I second this motion but apart from that they look good


----------



## Tymesious (May 1, 2012)

*Assault Marines*

Please excuse the photo quality, I am still trying to learn how to take good quality photos of miniatures, as I get better I will replace older photos. 

Here are my first Assault Marines. I again did all the painting by hand including the symbols and was trying for a bit more realism by adding the scorch marks to the jump packs. I also am trying to bring my army together by making things such as the Power Fist and Power Weapons all following the same color scheme, in the case of the Power Fist Silver hand with gold fingers and Power Weapons will be Red with white lightning.

(Updated Photos)


----------



## Tymesious (May 1, 2012)

Thanks for the suggestion on the photos, another of my issues is trying to get the right amount of lighting in my dark house as well as figuring the right distance from the camera  I really just wanted to get some photos up and this project started. I'll go back and try to fix the pictures whenI have a bit more time to work on them.


----------



## G8Keeper (Jan 24, 2013)

Looking good so far. As for the lighting, grab yourself a cheap desk lamp and some daylight bulbs, position the lamp behind and slightly above where you set your camera up with a white/ light blue background and you should find a vast improvement.


----------



## Tymesious (May 1, 2012)

*HQ Chaplain*

This was the first HQ I ever painted. I tried to keep with the Chaplains wearing black armor but still adding a bit more blue than usual to tie him into the rest of the army. I also liked the idea of making the parchment at his waist blue instead of the usual color.


----------



## Tymesious (May 1, 2012)

*Tactical Squad 1*

This was my first painted Tactical Squad. I actually made this squad from a bunch of bits my friend gave me when I first started putting my army together. Hence why some don't have power packs and the Sergeant has a Dark Angels power pack. This was also before I got better at dry brushing the flesh of the marines. I have another Sergeant that I need to finish the highlights on but hopefully I will be able to get him up tonight.


----------



## Tymesious (May 1, 2012)

*Rhino*

Now what Tactical Squad would be complete without its transport. This was my first vehicle that I ever painted. I was happy with most of it except I went a little over zealous with the weathering effects. I have since learned and hopefully my next one will be better.
I also found I don't really like painting vehicles (especially since I do it all by hand). There is to much flat empty space and I get bored.


----------



## Tymesious (May 1, 2012)

*WIP Dreadnought*

And for fun here is a Dreadnought I am currently working on as well. My friend plays Necrons and I figured I would give him a good slap in the face by making my Dreadnought ripping apart one of his models. I guess you could say it was my declaration of war! ;P


----------



## Ddraig Cymry (Dec 30, 2012)

Love the Dreadnought lol And I'm quite happy to see someone actually taking the time to set up a backdrop, instead of use seeing their dining room furniture lol


----------



## Tymesious (May 1, 2012)

Thanks Ddraig, I saw a lot of other ppl who post good quality pics up using backdrops so I figured it was mandatory


----------



## Tymesious (May 1, 2012)

*Sergeant*

Here is some pics of the Sergeant I mentioned in an earlier post. I kit bashed him together from a lot of the Commander set (if you can't tell ).
The direction of the lighting is still not were I want it so I'll have to play with that a bit more.


----------



## Ddraig Cymry (Dec 30, 2012)

The lighting looks too intense. If you could make a rig like you see at photography studios where a sheet is basically surrounding a lamp then that should soften it up a lot.


----------



## normtheunsavoury (Mar 20, 2008)

Here's an old tutorial on photographing your minis *KAZZAAAAMM!*

I would also recommend using Photobucket as it has some pretty good editing stuff built into the site. As the tutorial says, don't use the zoom on your camera, its far better to use software and crop the picture instead. You can also brighten and sharpen the pics using Photobucket or you could use some editing software of your own if you prefer. 

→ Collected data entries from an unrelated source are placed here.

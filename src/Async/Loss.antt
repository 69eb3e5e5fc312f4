-- ===== src/Async/Loss.antt =====
-- What is left of the records that the queue took when a full queue overwrites its oldest ones.
use mathlib.Core.List.{Sublistᴰ}
use logparse.Base.{length, ◌+◌, ◌≡◌, ◌<◌, size_mod, refl, ℕ, List, [], ◌∷◌, ◌++◌}
use logparse.Async.{Async, make_async, joining, Event, took}
use logparse.Async.Order.{in_hand}
use logparse.Async.Queueing.{push-refused, pop-nothing}
use logparse.Async.Steps.{
  Step, push_taken, push_refused, count, test_running, test_stopped, pop_record, pop_nothing, write,
  count_processed, all_processed, notify, not_all_processed, drain_record, drain_nothing,
  drain_write, drain_count, last_flush, flush_waits, wakes, flush_passes, stop_flag, stop_shutdown,
  Run, start, then_step, taken, written, dropped, full,
}
use logparse.Backend.{Backend}
use logparse.Config.{OverflowPolicy}
use logparse.Platform.{Platform}
use logparse.Queue
use logparse.Queue.{Queue, shutdown, init}
use logparse.Queue.Inv.{init-IsValid}
use logparse.Queue.Refine.{items, window}
use logparse.Queue.Run.{shutdown-IsValid}
use logparse.Record.{LogRecord}
use logparse.Async.Thinning.{Thinned, still, hands_out, puts, takes, makes_room}

module _ {Tm : Type 0} (os : Platform Tm) where
  Step-Thinned :
      (es : List Event) {s t : Async} {e : Event}
      → Step os s e t
      → Thinned es s
      → Thinned (es ++ e ∷ []) t
  unfolding taken written
  Step-Thinned es {s} (push_taken r q e) o =
      takes es s (took r (full s.queue)) r refl refl refl (makes_room s q r o.valid e) e o
  Step-Thinned es {s} (push_refused r q e) o =
      let same = push-refused s.queue q o.valid r e in still es (rw same o.valid) (rw same refl) o
  Step-Thinned es (count n e) o = still es o.valid refl o
  Step-Thinned es (test_running w e) o = still es o.valid (rw w refl) o
  Step-Thinned es (test_stopped w e) o = still es o.valid (rw w refl) o
  Step-Thinned es (pop_record r q w e) o = hands_out es r e (rw w refl) refl o
  Step-Thinned es {s} (pop_nothing q w e) o =
      let same = (pop-nothing s.queue q o.valid e).0 in
      still es (rw same o.valid) (rw (w, same) refl) o
  Step-Thinned es (write r w) o = puts es r refl (rw w refl) refl o
  Step-Thinned es (count_processed r w) o = still es o.valid (rw w refl) o
  Step-Thinned es (all_processed n w e) o = still es o.valid (rw w refl) o
  Step-Thinned es (notify w) o = still es o.valid (rw w refl) o
  Step-Thinned es (not_all_processed n w e) o = still es o.valid (rw w refl) o
  Step-Thinned es (drain_record r q w e) o = hands_out es r e (rw w refl) refl o
  Step-Thinned es {s} (drain_nothing q w e) o =
      let same = (pop-nothing s.queue q o.valid e).0 in
      still es (rw same o.valid) (rw (w, same) refl) o
  Step-Thinned es (drain_write r w) o = puts es r refl (rw w refl) refl o
  Step-Thinned es (drain_count r w) o = still es o.valid (rw w refl) o
  Step-Thinned es (last_flush w) o = still es o.valid (rw w refl) o
  Step-Thinned es (flush_waits e) o = still es o.valid refl o
  Step-Thinned es (wakes n e) o = still es o.valid refl o
  Step-Thinned es (flush_passes e) o = still es o.valid refl o
  Step-Thinned es (stop_flag e) o = still es o.valid refl o
  Step-Thinned es {s} (stop_shutdown e) o =
      still es {s = s} {t = record s { queue = Queue.shutdown s.queue; stopper = joining }}
        (shutdown-IsValid o.valid) (unfold shutdown in refl) o

  Run-Thinned : {s t : Async} {es : List Event} → Run os s es t → Thinned [] s → Thinned es t
  Run-Thinned start o = o
  Run-Thinned (then_step {es} r st e) o = rw e (Step-Thinned es st (Run-Thinned r o))

  module _ (b : Backend) (n : ℕ) (p : OverflowPolicy) (blank : LogRecord) where
    make_async-Thinned : 0 < n → n < size_mod → Thinned [] (make_async b n p blank)
    unfolding make_async taken written dropped init window
    make_async-Thinned pos h = record {
      valid = init-IsValid blank n p pos h;
      part = Sublistᴰ.slnil;
      sum = refl;
    }

    -- Under every policy, `DropOldest` included, and whatever the threads do: the records that the
    -- worker has written, then the one that it holds, then those in the queue, are some of the
    -- records that the queue took, each at most once and in the order in which it took them, and
    -- there is one less for each record that a full queue took. The capacity is positive and fits
    -- `std::size_t`.
    pub written_in_part :
        {s : Async} {es : List Event}
        → 0 < n
        → n < size_mod
        → Run os (make_async b n p blank) es s
        → Sublistᴰ (written es ++ (in_hand s.worker ++ items s.queue)) (taken es)
          × (length (written es ++ (in_hand s.worker ++ items s.queue)) + dropped es
              ≡ length (taken es))
    written_in_part pos h r = let o = Run-Thinned r (make_async-Thinned pos h) in (o.part, o.sum)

Anyway, I hope that helps a little, keep up the good work!

(Its also nice to know I'm not the only one who hates painting vehicles!)


----------



## Tymesious (May 1, 2012)

@Ddraig: I'll try and play with your suggestion on trying to get the light to soften, right now I am using a desk lamp, probably have it to close and not at the right angle it needs to be.

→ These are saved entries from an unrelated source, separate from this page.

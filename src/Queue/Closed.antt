-- ===== src/Queue/Closed.antt =====
-- The queue after `shutdown`.
use logparse.Base.{
  ℕ, zero, suc, ◌≡◌, ◌≢◌, refl, ap, ◌∙◌, true, false, List, [], ◌∷◌, none, some, arith, length,
  subst,
}
use logparse.Config.{block}
use logparse.Queue.{Queue, push}
use logparse.Queue.Fifo
use logparse.Queue.Fifo.{Fifo, PushResult, PopResult}
use logparse.Queue.Inv.{IsValid}
use logparse.Queue.Refine.{view, items, length-items}
use logparse.Queue.Run.{Call, pops, Reply, popped, run, queue_ops, fifo_ops, run_refines}

module _ {A : Type 0} where
  -- The replies to as many `pop`s as there are items, and one more.
  abbrev pub drained : List A → List (Reply A)
  drained [] = popped none ∷ []
  drained (x ∷ xs) = popped (some x) ∷ drained xs

  abbrev pub pops_of : ℕ → List (Call A)
  pops_of zero = []
  pops_of (suc n) = pops ∷ pops_of n

  fifo_drains :
      (xs : List A) (f : Fifo A)
      → f.closed ≡ true
      → f.items ≡ xs
      → (run fifo_ops f (pops_of (suc (length xs)))).0 ≡ drained xs
  unfolding run Fifo.pop
  fifo_drains [] f c e = ground arith
  fifo_drains (x ∷ xs) f c e = ground (arith, fifo_drains xs (record f { items = xs }))

  -- A valid queue that is shut down does not keep its consumer waiting: each `pop` hands out the
  -- next item until none is left, and the one after that returns `false`.
  pub shutdown_drains :
      (q : Queue A)
      → IsValid q
      → q.is_shutdown ≡ true
      → (run queue_ops q (pops_of (suc q.size))).0 ≡ drained (items q)
  shutdown_drains q v c =
      ap (λ (p : List (Reply A) × Fifo A). p.0) (run_refines q (pops_of (suc q.size)) v)
      ∙ subst (λ n. (run fifo_ops (view q) (pops_of (suc n))).0 ≡ drained (items q))
          (length-items q v) (fifo_drains (items q) (view q) c refl)

  -- A queue that is shut down does not keep a producer waiting, under any policy; under `Block`
  -- the item is refused.
  pub push-shutdown :
      (q : Queue A) (a : A)
      → q.is_shutdown ≡ true
      → (push q a ≢ PushResult.blocked)
        × (q.policy ≡ block → push q a ≡ PushResult.returned false q)
  unfolding push
  push-shutdown q a c = (ground arith, ground arith)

@Norm: I'll look through the tutorial once I get a chance. Right now I am using Photoscape which I got from this thread:

http://www.heresy-online.net/forums/showthread.php?t=121666

Thanks to everyone for their suggestions!


----------



## Tymesious (May 1, 2012)

*Chapter Master/ Captain*

Here is my first Captain I painted. This was the first cape I did and know I messed it up, but I have some Dark Angels coming in soon that I am going to paint which should give me more practice doing robes and capes.


----------



## rich11762 (Jul 18, 2010)

not a bad log mate, if your using varnish mate which it looks like you are its a bit to glossy mate I find the best one to use is the army painter anti shine varnish mate its seals your models and they stay looking good


----------



## Tymesious (May 1, 2012)

Is there a brush on version? I have tried to use Spray on varnish before, I believe GW stuff, and it ended up frosting my models which ruined all my work. And then a friend of mine tried the same stuff different can and the same thing happened to his model. So I'm kind of scared to use spray varnish....


----------



## rich11762 (Jul 18, 2010)

I use spray army painter ive only made a mistake once, now I do thin layers and let fully dry before you decide the need to add more. forget the gw spray


----------



## Tymesious (May 1, 2012)

*Dreadnought*

Here is that Dreadnought from an earlier post. Its all finished now 
Tried out using a blue ink for a wash after doing the highlights for the first time. I liked the way it came out so I will probably continue to use that particular technique.


----------



## RedInventor (Oct 30, 2012)

Looks awesome man, I love the wrecked Necron!


----------



## rich11762 (Jul 18, 2010)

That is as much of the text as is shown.